The task: Copy each line containing the word "where" from the records that follow, please.

Data records:
----
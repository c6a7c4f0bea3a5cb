-- ===== src/Apiserver/Sdk/Query.antt =====
-- apiserver/sdk/sdk.go: Query, which asks the chaincode of one peer.
pub mod Agrees
pub mod Returns
use test_fabric.Base.{
  String, Bool, Option, none, some, List, [], ◌∷◌, ◌++◌, Error, Result, ok, err, get_elem?,
  if◌then◌else◌,
}
use test_fabric.Base.Int.{pos}
use test_fabric.Base.Go.{Go, ◌>>=◌, pure, panic, call, or_panic}
use test_fabric.Apiserver.Define.{
  Page, ResponseStatus, QueryResponse, Message, nil, factors, texts, Payload, QueryContents,
}
use test_fabric.Apiserver.Host.{Host, Ciphers}
use test_fabric.Apiserver.Message.{format_response_message}
use test_fabric.Apiserver.Sdk.Peers.{Policy, Sdk, Network, get_send_peer_name}
use test_fabric.Apiserver.Sdk.Events.{nil_pointer}
use test_fabric.Apiserver.Sdk.BlockQuery.{Answer, no_page}
use test_fabric.Apiserver.Sdk.Documents.{schema_of}

-- `json.Unmarshal` into the response that is there, and into a new message.
pub record ReplyCodec : Type 0 where
  pub decode_response : String → QueryResponse → QueryResponse × Option Error
  pub decode_message : String → Message × Option Error

-- `responseData` when the peer has answered.
abbrev pub success_data : QueryResponse
success_data = record {
  track_id = "";
  response_status = record { status_code = pos 0; status_msg = "SUCCESS" };
  page = no_page;
  payload = [];
}

abbrev pub failed_status : Error → ResponseStatus
failed_status e = record { status_code = pos 1; status_msg = e }

-- The loop over the payload: a text that is no message is passed over.
unfoldable pub read_messages : ReplyCodec → List String → List Message
read_messages codec [] = []
read_messages codec (json_data ∷ payload) = elim (codec.decode_message json_data).1 [
  | some e ↦ read_messages codec payload
  | none ↦ (codec.decode_message json_data).0 ∷ read_messages codec payload
]

module _ (host : Host) (ciphers : Ciphers host.World) (network : Network host.World)
    (codec : ReplyCodec) (user_id : String) where
  open host use {World}

  abbrev pub answer_messages : String → QueryResponse → List Message → Go World Answer
  answer_messages function reply messages = do
    got ← format_response_message host ciphers user_id [] messages
    pure (
      record { schema = schema_of function; payload = factors got.0 },
      reply.response_status,
      reply.page,
      got.1,
    )

  abbrev pub answer_decoded : String → Bool → QueryResponse × Option Error → Go World Answer
  answer_decoded function block_flag (reply, some e) = pure (
    record { schema = schema_of function; payload = factors [] },
    failed_status e,
    reply.page,
    some e,
  )
  answer_decoded function block_flag (reply, none) =
      if block_flag
      then pure (
        record { schema = schema_of function; payload = texts reply.payload },
        reply.response_status,
        reply.page,
        none,
      )
      else answer_messages function reply (read_messages codec reply.payload)

  -- An empty answer without an error panics, since its error's text is asked for.
  abbrev pub answer_response : String → Bool → Result (List (Option String)) → Go World Answer
  answer_response function block_flag (err e) =
      pure (record { schema = ""; payload = nil }, failed_status e, no_page, some e)
  answer_response function block_flag (ok []) = panic nil_pointer
  answer_response function block_flag (ok (none ∷ responses)) = panic nil_pointer
  answer_response function block_flag (ok (some payload ∷ responses)) =
      answer_decoded function block_flag (codec.decode_response payload success_data)

  -- The error for an empty list of peers is made and dropped: the index panics.
  unfoldable pub query : Policy → Sdk → String → String → Bool → Go World Answer
  unfolding get_send_peer_name read_messages
  query policy sdk function request block_flag = do
    peer_names ← get_send_peer_name network policy sdk
    peer ← or_panic (get_elem? peer_names 0) "index out of range"
    response ← call (network.query (function ∷ request ∷ []) (peer ∷ []))
    answer_response function block_flag response
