-- ===== src/Apiserver/Sdk/Query/Agrees.antt =====
-- What Query answers, on every branch.
use test_fabric.Base.{
  String, ◌≡◌, refl, ◌≢◌, ◌⊎◌, inl, inr, Bool, true, false, Option, none, some, List, [], ◌∷◌,
  Error, Result, ok, err, get_elem?,
}
use test_fabric.Base.Int.{pos}
use test_fabric.Base.Go.{bind_any-After, done, panicked, After, or_panic}
use test_fabric.Apiserver.Define.{QueryResponse, Factor, Payload, factors, texts}
use test_fabric.Apiserver.Host.{Host, Ciphers}
use test_fabric.Apiserver.Message.Total.{HasSizes, format_response_message-done}
use test_fabric.Apiserver.Sdk.Peers.{Policy, Sdk, Network, get_send_peer_name}
use test_fabric.Apiserver.Sdk.BlockQuery.{Answer}
use test_fabric.Apiserver.Sdk.Query.{
  ReplyCodec, read_messages, answer_decoded, answer_response, query,
}
use test_fabric.Apiserver.Sdk.Events.{nil_pointer}

-- The payload of an answer without an error: texts for a block query, else factors.
abbrev pub Fits : Bool → Payload → Type 0
Fits true payload = (list : List String) × (payload ≡ texts list)
Fits false payload = (list : List Factor) × (payload ≡ factors list)

-- Not the answer of a block query.
abbrev pub IsNoTexts : Payload → Type 0
IsNoTexts payload = (list : List String) → payload ≢ texts list

-- Either there is an error, which is the text of the status 1, and there are no texts, or there is
-- no error and the payload fits the block flag.
abbrev pub Agrees : Bool → Answer → Type 0
Agrees flag (contents, status, page, e) =
    ((e ≡ some status.status_msg) × (status.status_code ≡ pos 1) × IsNoTexts contents.payload)
    ⊎ ((e ≡ none) × Fits flag contents.payload)

module _ (host : Host) (ciphers : Ciphers host.World) (sizes : HasSizes host)
    (network : Network host.World) (codec : ReplyCodec) (user_id : String) where
  answer_decoded-Agrees :
      (function : String) (flag : Bool) (got : QueryResponse × Option Error) (w : host.World)
      → After
          (Agrees flag)
          (answer_decoded host ciphers network codec user_id function flag got w).0
  answer_decoded-Agrees function flag (reply, some e) w = inl (refl, refl, λ list e. cc)
  answer_decoded-Agrees function true (reply, none) w = inr (refl, (reply.payload, refl))
  answer_decoded-Agrees function false (reply, none) w =
      let (fs, e, same) =
        format_response_message-done host ciphers sizes user_id []
          (read_messages codec reply.payload) w in
      rw e (inr (refl, (fs, refl)))

  answer_response-Agrees :
      (function : String) (flag : Bool) (response : Result (List (Option String))) (w : host.World)
      → After
          (Agrees flag)
          (answer_response host ciphers network codec user_id function flag response w).0
  answer_response-Agrees function flag (err e) w = inl (refl, refl, λ list e. cc)
  answer_response-Agrees function flag (ok []) w = tt
  answer_response-Agrees function flag (ok (none ∷ rest)) w = tt
  answer_response-Agrees function flag (ok (some payload ∷ rest)) w =
      answer_decoded-Agrees function flag (codec.decode_response payload _) w

  -- On a host whose opened files have sizes, if Query returns at all, its answer has an error that
  -- is the text of its status 1, and no list of texts, or it has no error, and its payload is a
  -- list of texts for a block query and a list of factors otherwise.
  pub query-Agrees :
      (policy : Policy) (sdk : Sdk) (function request : String) (flag : Bool) (w : host.World)
      → After
          (Agrees flag)
          (query host ciphers network codec user_id policy sdk function request flag w).0
  unfolding query
  query-Agrees policy sdk function request flag w =
      bind_any-After (Agrees flag) (get_send_peer_name network policy sdk) _ w λ names t.
        bind_any-After (Agrees flag) (or_panic (get_elem? names 0) "index out of range") _ t
          λ peer t. answer_response-Agrees function flag _ _

  -- If a peer is chosen, and it answers with an empty list and no error, Query panics: it asks for
  -- the text of an error that is nil.
  pub query_speechless :
      (policy : Policy) (sdk : Sdk) (function request peer : String) (peers : List String)
      (flag : Bool) (w : host.World)
      → (get_send_peer_name network policy sdk w).0 ≡ done (peer ∷ peers)
      → ((v : host.World) → (network.query (function ∷ request ∷ []) (peer ∷ []) v).0 ≡ ok [])
      → (query host ciphers network codec user_id policy sdk function request flag w).0
        ≡ panicked nil_pointer
  unfolding query
  query_speechless policy sdk function request peer peers flag w chosen silent =
      rw (chosen, silent (get_send_peer_name network policy sdk w).1)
----
Answer section:
pub record ReplyCodec : Type 0 where
    (codec : ReplyCodec) (user_id : String) where
    (network : Network host.World) (codec : ReplyCodec) (user_id : String) where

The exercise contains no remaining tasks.